Check out these potatoes - one way or another, they're ready for anything. The first is fully loaded with all the necessary tools to retrieve the fabled Spud of the Covenant (clutched securely in his manly [?] hand), while the second is...well, just kind of loaded. Either way, we are reminded of the endless versatility of that quintessence of comfort, the humble - yet withal noble - Solanum tuberosum.There's just something happiness-inducing about potatoes, whether mashed, roasted, fried, as the fluffy topping for a cottage or shepherd's pie, or, as they appear here, baked and stuffed with all kinds of salty, fatty, creamy goodness.

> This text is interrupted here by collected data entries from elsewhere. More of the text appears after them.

-- ===== src/Upkeep.antt =====
-- What the daemon does to each living ship at every update: the `udplayers_palive_*` functions of
-- ntserv/daemon.c for fuel, heat and repair, `changedir`, and `udcloak`. PLAYERFUSE is 1. The
-- statistics of repairs are not modelled.
pub mod Fuel
pub mod Turn
pub mod Phase
pub mod Mend
use netrek_server.Base.{
  ℕ, zero, suc, ◌+◌, ◌-◌, ◌*◌, ◌/◌, ◌%◌, ◌^◌, max, Bool, true, false, not, ◌&&◌, ◌||◌, ◌==◌, ltb, ℤ,
  pos, negsuc, ◌+ℤ◌, ◌-ℤ◌, ltb_ℤ, leb_ℤ, if◌then◌else◌, loop,
}
use netrek_server.Game.{
  Player, Flags, Game, Ship, ShipType, scout, destroyer, cruiser, battleship, assault, starbase,
  is_alive, set_player, meets, max_player,
}

-- The charge for shields, by type of ship.
abbrev pub shield_cost : ShipType → ℤ
shield_cost scout = pos 2
shield_cost destroyer = pos 3
shield_cost cruiser = pos 3
shield_cost battleship = pos 3
shield_cost assault = pos 3
shield_cost starbase = pos 6
shield_cost _ = pos 0

unfoldable pub fuel_shields : Player → Player
fuel_shields p =
    if p.p_flags.shield then record p { p_fuel = p.p_fuel -ℤ shield_cost p.p_ship.s_type } else p

abbrev pub cooled : ℤ → ℕ → ℤ
cooled temp rate = let t = temp -ℤ pos rate in if ltb_ℤ t (pos 0) then pos 0 else t

-- `chance` and `span` are what the two calls of `random()` return.
unfoldable pub cool_weapons : ℕ → ℕ → Player → Player
cool_weapons chance span p =
    let q = record p { p_wtemp = cooled p.p_wtemp p.p_ship.s_wpncoolrate } in
    let left = p.p_wtime -ℤ pos 1 in
    if p.p_flags.wep
    then record q {
      p_wtime = left;
      p_flags = (if leb_ℤ left (pos 0) then record (p.p_flags) { wep = false } else p.p_flags);
    }
    else if ltb_ℤ (pos p.p_ship.s_maxwpntemp) q.p_wtemp && chance % 40 == 0
    then record q { p_flags = record (p.p_flags) { wep = true }; p_wtime = pos (span % 150 + 100) }
    else q

unfoldable pub cool_engines : ℕ → ℕ → Player → Player
cool_engines chance span p =
    let q = record p { p_etemp = cooled p.p_etemp p.p_ship.s_egncoolrate } in
    let left = p.p_etime -ℤ pos 1 in
    if p.p_flags.eng
    then record q {
      p_etime = left;
      p_flags = (if leb_ℤ left (pos 0) then record (p.p_flags) { eng = false } else p.p_flags);
    }
    else if ltb_ℤ (pos p.p_ship.s_maxegntemp) q.p_etemp && chance % 40 == 0
    then record q {
      p_flags = record (p.p_flags) { eng = true };
      p_etime = pos (span % 150 + 100);
      p_desspeed = pos 0;
    }
    else q

unfoldable pub fuel_cloak : Player → Player
fuel_cloak p =
    let cost = pos p.p_ship.s_cloakcost in
    if p.p_flags.cloak
    then (if ltb_ℤ p.p_fuel cost
        then record p { p_flags = record (p.p_flags) { cloak = false } }
        else record p { p_fuel = p.p_fuel -ℤ cost })
    else p

abbrev pub sb_fuel_min : ℤ
sb_fuel_min = pos 10000

-- What a docked ship takes over from its base.
unfoldable pub fuel_from_base : Player → Player → ℤ
fuel_from_base ship base =
    let room = pos ship.p_ship.s_maxfuel -ℤ ship.p_fuel in
    let rate = pos (10 * ship.p_ship.s_recharge) in
    if ship.p_flags.dock
      && ltb_ℤ ship.p_fuel (pos ship.p_ship.s_maxfuel)
      && ltb_ℤ sb_fuel_min base.p_fuel
    then (if ltb_ℤ rate room then rate else room)
    else pos 0

abbrev pub at_fuel_planet : Game → Player → Bool
at_fuel_planet g p =
    p.p_flags.orbit
    && (g.planets p.p_planet).pl_fuel
    && not (meets (g.planets p.p_planet).pl_owner p.p_war)

-- The last tests: no more than the tank holds, and none at all stops the ship.
unfoldable pub top_off : Player → Player
top_off p =
    let top = pos p.p_ship.s_maxfuel in if ltb_ℤ top p.p_fuel then record p { p_fuel = top } else p

unfoldable pub stop_dry : Player → Player
stop_dry p =
    if ltb_ℤ p.p_fuel (pos 0)
    then record p { p_desspeed = pos 0; p_flags = record (p.p_flags) { cloak = false } }
    else p

abbrev pub settle_fuel : Player → Player
settle_fuel p = stop_dry (top_off p)

-- The ship in slot `j`.
unfoldable pub make_fuel : ℕ → Game → Game
unfolding fuel_from_base
make_fuel j g =
    let p = g.players j in
    let ship = record p { p_fuel = p.p_fuel +ℤ pos (2 * p.p_ship.s_recharge) } in
    let base = g.players p.p_dock_with in
    let fc = fuel_from_base ship base in
    if at_fuel_planet g p
    then set_player j
        (settle_fuel (record ship { p_fuel = ship.p_fuel +ℤ pos (6 * p.p_ship.s_recharge) })) g
    else set_player j (settle_fuel (record ship { p_fuel = ship.p_fuel +ℤ fc }))
        (set_player p.p_dock_with (record base { p_fuel = base.p_fuel -ℤ fc }) g)

-- How much faster a ship mends at rest, over a repair planet, or docked, in units of its rate.
abbrev pub mend_rate : (rest planet docked away : ℕ) → Game → Player → ℕ
mend_rate rest planet docked away g p =
    if p.p_flags.repair && p.p_speed == 0
    then rest
      + (if p.p_flags.orbit
            && (g.planets p.p_planet).pl_repair
            && not (meets (g.planets p.p_planet).pl_owner p.p_war)
          then planet
          else 0)
      + (if p.p_flags.dock then docked else 0)
    else away

-- The shields' half of the repair; the number is `repair_time`, 0 if nothing is to repair.
unfoldable pub repair_shield : Game → Player → ℕ × Player
repair_shield g p =
    let top = p.p_ship.s_maxshield in
    let gained = p.p_ship.s_repair * mend_rate 4 4 6 2 g p in
    let sub = p.p_subshield + gained in
    let time = (top - p.p_shield) * 100 / gained in
    let up = p.p_shield + sub / 1000 in
    if ltb p.p_shield top
    then (
      time,
      record p {
        p_repair_time = time;
        p_shield = (if ltb top up then top else up);
        p_subshield = (if ltb top up then 0 else sub % 1000);
      },
    )
    else (0, p)

-- The hull's half.
unfoldable pub repair_hull : ℕ → Game → Player → Player
repair_hull repair_time g p =
    let gained = p.p_ship.s_repair * mend_rate 2 2 3 1 g p in
    let sub = p.p_subdamage + gained in
    let time = p.p_damage * 100 / gained in
    let done = sub / 1000 in
    if not (p.p_damage == 0) && not p.p_flags.shield
    then record p {
      p_repair_time = (if p.p_shield == p.p_ship.s_maxshield then time else max repair_time time);
      p_damage = (if ltb p.p_damage done then 0 else p.p_damage - done);
      p_subdamage = (if ltb p.p_damage done then 0 else sub % 1000);
    }
    else p

unfoldable pub repair_ship : Game → Player → Player
unfolding repair_shield repair_hull
repair_ship g p = repair_hull (repair_shield g p).0 g (repair_shield g p).1

-- `changedir`: what is added to `p_subdir`, with `newturn` or without.
unfoldable pub turn_gain : Bool → Player → ℕ
turn_gain newturn p =
    let s = p.p_speed in
    if newturn
    then p.p_ship.s_turns / (s * s)
    else p.p_ship.s_turns / (if ltb s 30 then 2 ^ s else 1000000000)

-- The new direction after `ticks`, of two directions below 256.
unfoldable pub turned : ℕ → ℕ → ℕ → ℕ
turned ticks dir desdir =
    let lo = if ltb desdir dir then desdir else dir in
    let hi = if ltb desdir dir then dir else desdir in
    if ltb (hi - lo) ticks || ltb (256 - hi + lo) ticks
    then desdir
    else if ltb 127 ((dir + 256 - desdir) % 256)
    then (dir + ticks) % 256
    else (dir + 256 - ticks) % 256

unfoldable pub changedir : Bool → Player → Player
unfolding turn_gain turned
changedir newturn p =
    let sub = p.p_subdir + turn_gain newturn p in
    if p.p_speed == 0
    then record p { p_dir = p.p_desdir; p_subdir = 0 }
    else if sub / 1000 == 0
    then record p { p_subdir = sub }
    else record p { p_dir = turned (sub / 1000) p.p_dir p.p_desdir; p_subdir = sub % 1000 }

abbrev pub cloak_phases : ℕ
cloak_phases = 12

-- The body of the loop of `udcloak`.
unfoldable pub cloak_round : Player → Player
cloak_round p =
    if not (is_alive p.p_status)
    then p
    else if p.p_flags.cloak && ltb p.p_cloakphase (cloak_phases - 1)
    then record p { p_cloakphase = p.p_cloakphase + 1 }
    else if not p.p_flags.cloak && ltb 0 p.p_cloakphase
    then record p { p_cloakphase = p.p_cloakphase - 1 }
    else p

unfoldable pub udcloak : Game → Game
unfolding loop cloak_round
udcloak g = loop max_player 0 (λ i h. set_player i (cloak_round (h.players i)) h) g
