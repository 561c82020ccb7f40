-- ===== src/Bay.antt =====
-- Docking bays of a starbase: ntserv/bay.c. A `struct player *` is an index into the array of
-- players, and `p_bays[i] == VACANT` is `none`.
pub mod Consistency
pub mod Moor
pub mod Invariant
pub mod Berth
pub mod Closest
use netrek_server.Base.{
  ℕ, ◌≡◌, Bool, true, false, not, Option, none, some, ℤ, pos, ltb_ℤ, put, loop, ◌==◌, if◌then◌else◌,
}
use netrek_server.Game.{Player, Flags, num_bays}

abbrev pub Players : Type 0
Players = ℕ → Player

-- `base->p_bays[i] = v`
abbrev pub set_bay : ℕ → ℕ → Option ℕ → Players → Players
set_bay b i v ps = put ps b (record (ps b) { p_bays = put (ps b).p_bays i v })

-- `p->p_flags &= ~PFDOCK`
abbrev pub undock : ℕ → Players → Players
undock s ps = put ps s (record (ps s) { p_flags = record ((ps s).p_flags) { dock = false } })

-- The body of the loop of `bay_consistency_check`, its three tests in order.
unfoldable pub check_bay : ℕ → ℕ → Players → Players
check_bay b i ps = elim ((ps b).p_bays i) [
  | none ↦ ps
  | some s ↦
      if not (ps s).p_flags.dock
      then set_bay b i none ps
      else if not ((ps s).p_dock_with == (ps b).p_no)
      then set_bay b i none ps
      else if not ((ps s).p_dock_bay == i)
      then set_bay b i none ps
      else ps
]

unfoldable pub bay_consistency_check : ℕ → Players → Players
unfolding check_bay loop
bay_consistency_check b ps = loop num_bays 0 (check_bay b) ps

unfoldable pub bay_claim : ℕ → ℕ → ℕ → Players → Players
bay_claim b me bay_no ps =
    let docked = put ps me (record (ps me) { p_dock_with = (ps b).p_no; p_dock_bay = bay_no }) in
    set_bay b bay_no (some (ps me).p_no) docked

-- A bay that is vacant already is left so, which is what writing VACANT does too.
unfoldable pub bay_release : ℕ → Players → Players
bay_release me ps =
    if (ps me).p_flags.dock
    then undock me (set_bay (ps me).p_dock_with (ps me).p_dock_bay none ps)
    else ps

-- The body of the loop of `bay_release_all`.
unfoldable pub release_bay : ℕ → ℕ → Players → Players
release_bay b i ps = elim ((ps b).p_bays i) [ none ↦ ps | some s ↦ undock s (set_bay b i none ps) ]

unfoldable pub bay_release_all : ℕ → Players → Players
unfolding release_bay loop
bay_release_all b ps = loop num_bays 0 (release_bay b) ps

unfoldable pub bay_init : ℕ → Players → Players
unfolding loop
bay_init me ps = loop num_bays 0 (λ i s. set_bay me i none s) ps

abbrev vacant : Option ℕ → Bool
vacant none = true
vacant (some _) = false

-- The first vacant bay of four, in the order given.
unfoldable pub first_vacant : (ℕ → Option ℕ) → ℕ → ℕ → ℕ → ℕ → Option ℕ
first_vacant bays a b c d =
    if vacant (bays a)
    then some a
    else if vacant (bays b)
    then some b
    else if vacant (bays c)
    then some c
    else if vacant (bays d)
    then some d
    else none

-- The order of the search, by whether the ship is left of the base and whether it is above.
unfoldable pub closest_of : Bool → Bool → (ℕ → Option ℕ) → Option ℕ
unfolding first_vacant
closest_of true true bays = first_vacant bays 3 2 0 1
closest_of true false bays = first_vacant bays 2 3 1 0
closest_of false true bays = first_vacant bays 0 1 3 2
closest_of false false bays = first_vacant bays 1 2 0 3

-- The result is the bay, `none` for -1, beside the state that the consistency check leaves.
unfoldable pub bay_closest : ℕ → ℤ → ℤ → Players → Option ℕ × Players
bay_closest b dx dy ps =
    let qs = bay_consistency_check b ps in
    (closest_of (ltb_ℤ (pos 0) dx) (ltb_ℤ (pos 0) dy) (qs b).p_bays, qs)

That said, I should come right out and admit that if you're looking for "health food," it might be best to close your browser window right now and go elsewhere, because this is without question the most packaged-food-laden recipe ever to appear on this blog: I would be (almost) ashamed to post it at all, except for the fact that these things are so damned good. We usually make them for over-the-top weekend brunches, but we recently had them for dinner, alongside breaded seitan cutlets and green beans almondine (we were going for an early-'60s, Mad Men vibe, including pineapple rightside-up cupcakes for dessert, courtesy of my partner's daughters), and this batch was so particularly outrageous that I decided to cross that invisible line into "processed crap," and type it up. I say we had them as an accompaniment to several other dishes, but be forewarned that this is the most filling "side dish" you're likely to encounter - I ate one potato half, the smallest cutlet available, a tiny scoop of green beans, and was Thanksgiving-level full (in a good way, but I'm just sayin'). Of course, this is actually a fine thing, since the inevitable leftovers will provide you with an excellently substantial breakfast the next day. So without further ado, I give you the loaded potato: the tuber that keeps on giving.

Loaded Jacket Potatoes
~ 6 large baking potatoes, scrubbed and baked (oven or microwave is fine; just wrap them in foil if you're using the oven, so the skins don't blacken), cooled
~ 2 tbsp. Earth Balance, or other vegan margarine
~ 1/4-1/2 cup plain, unsweetened soy milk
~ 1/2 cup Tofutti sour cream or cream cheese, or a combination
~ 1/2 cup cheddar flavor Daiya (or other vegan cheese), shredded
~ 1 pkg. Lightlife tempeh bacon, cooked and crumbled
~ 2 tbsp. nutritional yeast
~ 1 tsp. each: salt, paprika, dried parsley
~ 1/4 cup fresh chives, chopped fine

~ Preheat oven to 425 fahrenheit.
~ Scoop out the cooked potato into a large mixing bowl, being careful to leave the skins intact.
~ Mash well, then add the remaining ingredients, mixing thoroughly with each addition (go ahead and add a bit more of anything you like to taste. We're aiming for a very creamy, whipped potato texture here.
~ Carefully scoop the filling back into the skins, and arrange them on a lightly oiled baking sheet.
~ When all the filling has been equally distributed, sprinkle the tops with a little extra parsley and paprika, if you're feeling decadent, a drizzle of melted margarine.
~ Bake at 425 for about minutes, until browned and beauteous (everyone's oven is different, so check occasionally to make sure they don't burn).
~ Allow to cool 5 minutes before serving to a chorus of rapturous yummy sounds. If you really want to go crazy, you could even top them with a dollop of vegan sour cream; I won't judge!

Saturday, August 14, 2010

White Bean and Mushroom Stew

I love cooking shows, despite (or perhaps because of) the fact that they invariably feature things I would never actually consider eating. The fun part is getting an idea for something I would eat, and then figuring out how to accomplish it; this is especially true when the inspiration is a recipe chock-full of objectionable ingredients, which was certainly the case with the prototype for this dish. One recent Saturday, it was Laura Calder making Belge-Ette de Veau (Belgian Veal Stew) on French Food at Home that got me thinking, "Hmmmm, take out the crème fraîche, 5 tablespoons of butter, and 4 pounds of veal shoulder (seriously? To paraphrase the good people at Food Fight: what kind of asshole eats a calf?), add some more herbs and vegetables, and we might have something going on here." The result was an unqualified success: a thick, filling stew that came together quickly and - with roasted potatoes and sauteed asparagus with hollandaise sauce on the side - made a lovely supper. I encourage you to try it, especially as autumn approaches and the weather cools off; your family will thank you, and so will the baby calf who gets to stay with his mama, instead of winding up in your stewpot!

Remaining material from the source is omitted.